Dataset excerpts
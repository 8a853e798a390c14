-- ===== src/System/History.antt =====
-- Sequences of the calls of app/services, app/approvals, app/callbacks, app/analytics,
-- app/reconciliation and app/operator.
use mpesa_mcp_server.Common.{
  ℕ, String, Bool, true, ◌≡◌, ◌≢◌, refl, sym, ◌∙◌, ap, inl, inr, some, [], ◌∷◌, arith, ◌==◌, eq_iff,
  first, first_test, Bool-cases,
}
use mpesa_mcp_server.Common.Dict.{Dict, lookup, values, AllEntries-lookup}
use mpesa_mcp_server.World.{Env, World}
use mpesa_mcp_server.Storage.Records.{PendingTransaction}
use mpesa_mcp_server.Storage.Repository.{find_by_idempotency_key, has_idempotency_key}
use mpesa_mcp_server.Storage.Evolution as StoredTransactions
use mpesa_mcp_server.Storage.Progress as Transactions
use mpesa_mcp_server.Storage.Progress.{lookup-first}
use mpesa_mcp_server.Approvals.Models.{ApprovalRequest}
use mpesa_mcp_server.Approvals.Evolution as StoredApprovals
use mpesa_mcp_server.Approvals.Progress as Approvals
use mpesa_mcp_server.Approvals.Aside.{
  approve_request-Aside, create_approval_request-Aside, reject_request-Aside,
  list_pending_requests-Aside,
}
use mpesa_mcp_server.Approvals.Calls.{reject_request-Progress, list_pending_requests-Progress}
use mpesa_mcp_server.Approvals.Calls.Approving.{approve_request-Progress}
use mpesa_mcp_server.Approvals.Calls.Creating.{create_approval_request-Progress}
use mpesa_mcp_server.Callbacks.Handler.{process}
use mpesa_mcp_server.System.Routes.{
  handle_stk_callback-Both, serve_approval-Both, serve_operator-Both,
  generate_receipt_by_reference-Both,
}
use mpesa_mcp_server.Payments.Providers.{PaymentRequest}
use mpesa_mcp_server.Payments.Records.{PaymentSettings}
use mpesa_mcp_server.Payments.Service.{execute_stk_push, execute_approved_payment}
use mpesa_mcp_server.Payments.StkPush.{execute_stk_push_existing}
use mpesa_mcp_server.Payments.Execution.{
  execute_approved_payment_closed, execute_approved_payment_sends, status-once,
}
use mpesa_mcp_server.Callbacks.Payload.{Builtins}
use mpesa_mcp_server.System.{
  ServiceStep, Step, Reach, serving, initiating, executing, approving, rejecting, listing,
  calling_back, receipting, querying, summarizing, reconciling, creating, expiring, reviewing,
  routing_callback, receipting_by_reference, operating, done, then_step,
}
use mpesa_mcp_server.System.Both.{Both, Both-Preorder, aside}
use mpesa_mcp_server.System.Payments.{
  initiate_stk_push-Both, execute_approved_payment-Both, expire_stale_approvals-Both,
}
use mpesa_mcp_server.System.Readings.{check_transaction_status-Both, get_today_summary-Both}
use mpesa_mcp_server.System.Others.{process-Both, generate_receipt-Both, run_reconciliation-Both}

module _ (env : Env) (settings : PaymentSettings) (builtins : Builtins)
    (issue_once : (i j : ℕ) → env.new_id i ≡ env.new_id j → i ≡ j) where
  ServiceStep-Both : (w v : World) → ServiceStep env settings builtins w v → Both env w v
  ServiceStep-Both _ _ (initiating push w) =
      (initiate_stk_push-Both env issue_once settings push).at w
  ServiceStep-Both _ _ (executing id op w) =
      (execute_approved_payment-Both env issue_once settings id op).at w
  ServiceStep-Both _ _ (approving id op w) =
      (aside env _ (approve_request-Aside env settings.approvals id op)
          (approve_request-Progress env settings.approvals id op)).at
        w
  ServiceStep-Both _ _ (rejecting id w) =
      (aside env _ (reject_request-Aside env settings.approvals id)
          (reject_request-Progress env settings.approvals id)).at
        w
  ServiceStep-Both _ _ (listing w) =
      (aside env _ (list_pending_requests-Aside env settings.approvals)
          (list_pending_requests-Progress env settings.approvals)).at
        w
  ServiceStep-Both _ _ (calling_back payload w) = (process-Both env builtins payload).at w
  ServiceStep-Both _ _ (receipting id w) = (generate_receipt-Both env id).at w
  ServiceStep-Both _ _ (querying id w) =
      (check_transaction_status-Both env settings.max_stk_amount id).at w
  ServiceStep-Both _ _ (summarizing date w) = (get_today_summary-Both env date).at w
  ServiceStep-Both _ _ (reconciling minutes w) = (run_reconciliation-Both env minutes).at w

  Step-Both : (w v : World) → Step env settings builtins w v → Both env w v
  Step-Both _ _ (serving w v step) = ServiceStep-Both w v step
  Step-Both _ _ (creating action payload reason w) =
      (aside env _ (create_approval_request-Aside env settings.approvals action payload reason) (
          create_approval_request-Progress env issue_once settings.approvals action payload
            reason)).at
        w
  Step-Both _ _ (expiring w) = (expire_stale_approvals-Both env issue_once settings).at w
  Step-Both _ _ (reviewing call access w) =
      (serve_approval-Both env issue_once settings call access).at w
  Step-Both _ _ (routing_callback quote callbacks now secret headers payload site) =
      handle_stk_callback-Both env builtins quote callbacks (process env builtins)
        (process-Both env builtins) now secret headers payload site
  Step-Both _ _ (receipting_by_reference reference w) =
      (generate_receipt_by_reference-Both env reference).at w
  Step-Both _ _ (operating date minutes s dependencies is_space lower jwks call authorization w) =
      (serve_operator-Both env date minutes s dependencies is_space lower jwks call
          authorization).at
        w

  -- If identifiers are issued once, any sequence of calls of the services and requests to the routes
  -- keeps the invariants of both stores and only evolves what is stored: a transaction changes only
  -- from pending to a terminal status, with its deal unchanged, and a request keeps what was asked
  -- and its reviews.
  pub Reach-Both : (w v : World) → Reach (Step env settings builtins) w v → Both env w v
  Reach-Both _ _ (done w) = (Both-Preorder env).reflexive w
  Reach-Both _ _ (then_step w u v step rest) =
      (Both-Preorder env).transitive w u v (Step-Both w u step) (Reach-Both u v rest)

words_differ : (word t : String) → t ≡ word → t ≡ "pending" → (word == "pending") ≡ true
words_differ word t e h = (eq_iff word "pending").1 (sym e ∙ h)

-- What is stored under some key and passes a test, a search finds.
first-lookup :
    {V : Type 0} (test : V → Bool) (k : String) (v : V) (d : Dict V)
    → lookup k d ≡ some v
    → test v ≡ true
    → (u : V) × (first test (values d) ≡ some u)
unfolding lookup values
first-lookup test k v [] h e = absurd (ground arith)
first-lookup test k v ((j, u) ∷ d) h e = elim (Bool-cases (test u)) [
  | inl passes ↦ (u, rw passes refl)
  | inr fails ↦ elim (Bool-cases (j == k)) [
    | inl same ↦ absurd (ground arith)
    | inr other ↦ let (x, found) = first-lookup test k v d (rw other at h) e in (x, rw fails found)
  ]
]

module _ (env : Env) (settings : PaymentSettings) (builtins : Builtins)
    (issue_once : (i j : ℕ) → env.new_id i ≡ env.new_id j → i ≡ j) where
  -- A key that has a transaction keeps one.
  key-Evolves :
      (key : String) (t : PendingTransaction) (w v : World)
      → Transactions.IsKept env w
      → StoredTransactions.Evolves w.transactions v.transactions
      → find_by_idempotency_key key w ≡ some t
      → (u : PendingTransaction) × (find_by_idempotency_key key v ≡ some u)
  unfolding find_by_idempotency_key
  key-Evolves key t w v kept evolves found =
      let there =
        (lookup-first env (has_idempotency_key key) w.ids_issued w.transactions t kept.is_dict
          kept.entries found).0 in
      let (u, later, moved) = evolves t.transaction_id t there in
      let passes = first_test (has_idempotency_key key) (values w.transactions) t found in
      first-lookup (has_idempotency_key key) t.transaction_id u v.transactions later (elim moved [
        | inl same ↦ rw same passes
        | inr (deal, _, _) ↦ rw deal.idempotency_key passes
      ])

  -- A payment is made once for its key: if identifiers are issued once and a transaction is stored
  -- under a key in a state that keeps the invariant of the transaction store, then after any
  -- sequence of calls of the services and requests to the routes a further execution with that key,
  -- of whatever payment, changes nothing and so does not reach the provider.
  pub execute_stk_push-Reach :
      (r : PaymentRequest) (key : String) (t : PendingTransaction) (w v : World)
      → Transactions.IsKept env w
      → find_by_idempotency_key key w ≡ some t
      → Reach (Step env settings builtins) w v
      → (execute_stk_push env r key v).1 ≡ v
  execute_stk_push-Reach r key t w v kept found reach =
      let evolves =
        (Reach-Both env settings builtins issue_once w v reach).transactions.evolves kept in
      let (u, later) = key-Evolves key t w v kept evolves found in
      ap (λ p. p.1) (execute_stk_push_existing env r key u v later)

  StatusMove-closed :
      (s t : String) → StoredApprovals.StatusMove s t → s ≢ "pending" → t ≢ "pending"
  StatusMove-closed s t (inl e) closed h = closed (sym e ∙ h)
  StatusMove-closed s t (inr (inl e)) closed h =
      absurd (ground (arith, words_differ "expired" t e h))
  StatusMove-closed s t (inr (inr (inl e))) closed h =
      absurd (ground (arith, words_differ "rejected" t e h))
  StatusMove-closed s t (inr (inr (inr (e, f)))) closed h = closed e

  -- An approval pays once, from a state that keeps the invariant of the approval store, if
  -- identifiers are issued once: after a call that reached the provider for a stored request, and
  -- any sequence of calls of the services and requests to the routes after it, a further execution
  -- of the approval, by whatever operator, changes nothing.
  pub execute_approved_payment-Reach :
      (id operator_id other : String) (a : ApprovalRequest) (w u : World)
      → Approvals.IsKept env w
      → lookup id w.approvals ≡ some a
      → let v = (execute_approved_payment env settings id operator_id w).1 in
        v.provider_calls ≢ w.provider_calls
        → Reach (Step env settings builtins) v u
        → (execute_approved_payment env settings id other u).1 ≡ u
  execute_approved_payment-Reach id operator_id other a w u kept found called reach =
      let v = (execute_approved_payment env settings id operator_id w).1 in
      let step = (execute_approved_payment-Both env issue_once settings id operator_id).at w in
      let kept' = step.approvals.kept kept in
      let entry =
        AllEntries-lookup (Approvals.Entry env w.ids_issued) id a w.approvals kept.entries found in
      elim (execute_approved_payment_sends env settings id operator_id a w found entry.key) [
        | inl same ↦ absurd (called same)
        | inr (r, k, b, _, _, _, _, _, _, _, there, approved) ↦
            let evolves =
              (Reach-Both env settings builtins issue_once v u reach).approvals.evolves kept' in
            let (c, later, moved) = evolves id b there in
            ap (λ p. p.1)
              (execute_approved_payment_closed env settings id other c u later
                (StatusMove-closed b.status c.status moved.status (status-once b.status approved)))
      ]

**YOUR INSTRUCTIONS:** Reproduce the lines above, beginning at the line with "(aside env _ (create_approval_request-Aside" and stopping after the line with "(serve_approval-Both env issue_once", exactly as they are.

**TASK RESPONSE:**
      (aside env _ (create_approval_request-Aside env settings.approvals action payload reason) (
          create_approval_request-Progress env issue_once settings.approvals action payload
            reason)).at
        w
  Step-Both _ _ (expiring w) = (expire_stale_approvals-Both env issue_once settings).at w
  Step-Both _ _ (reviewing call access w) =
      (serve_approval-Both env issue_once settings call access).at w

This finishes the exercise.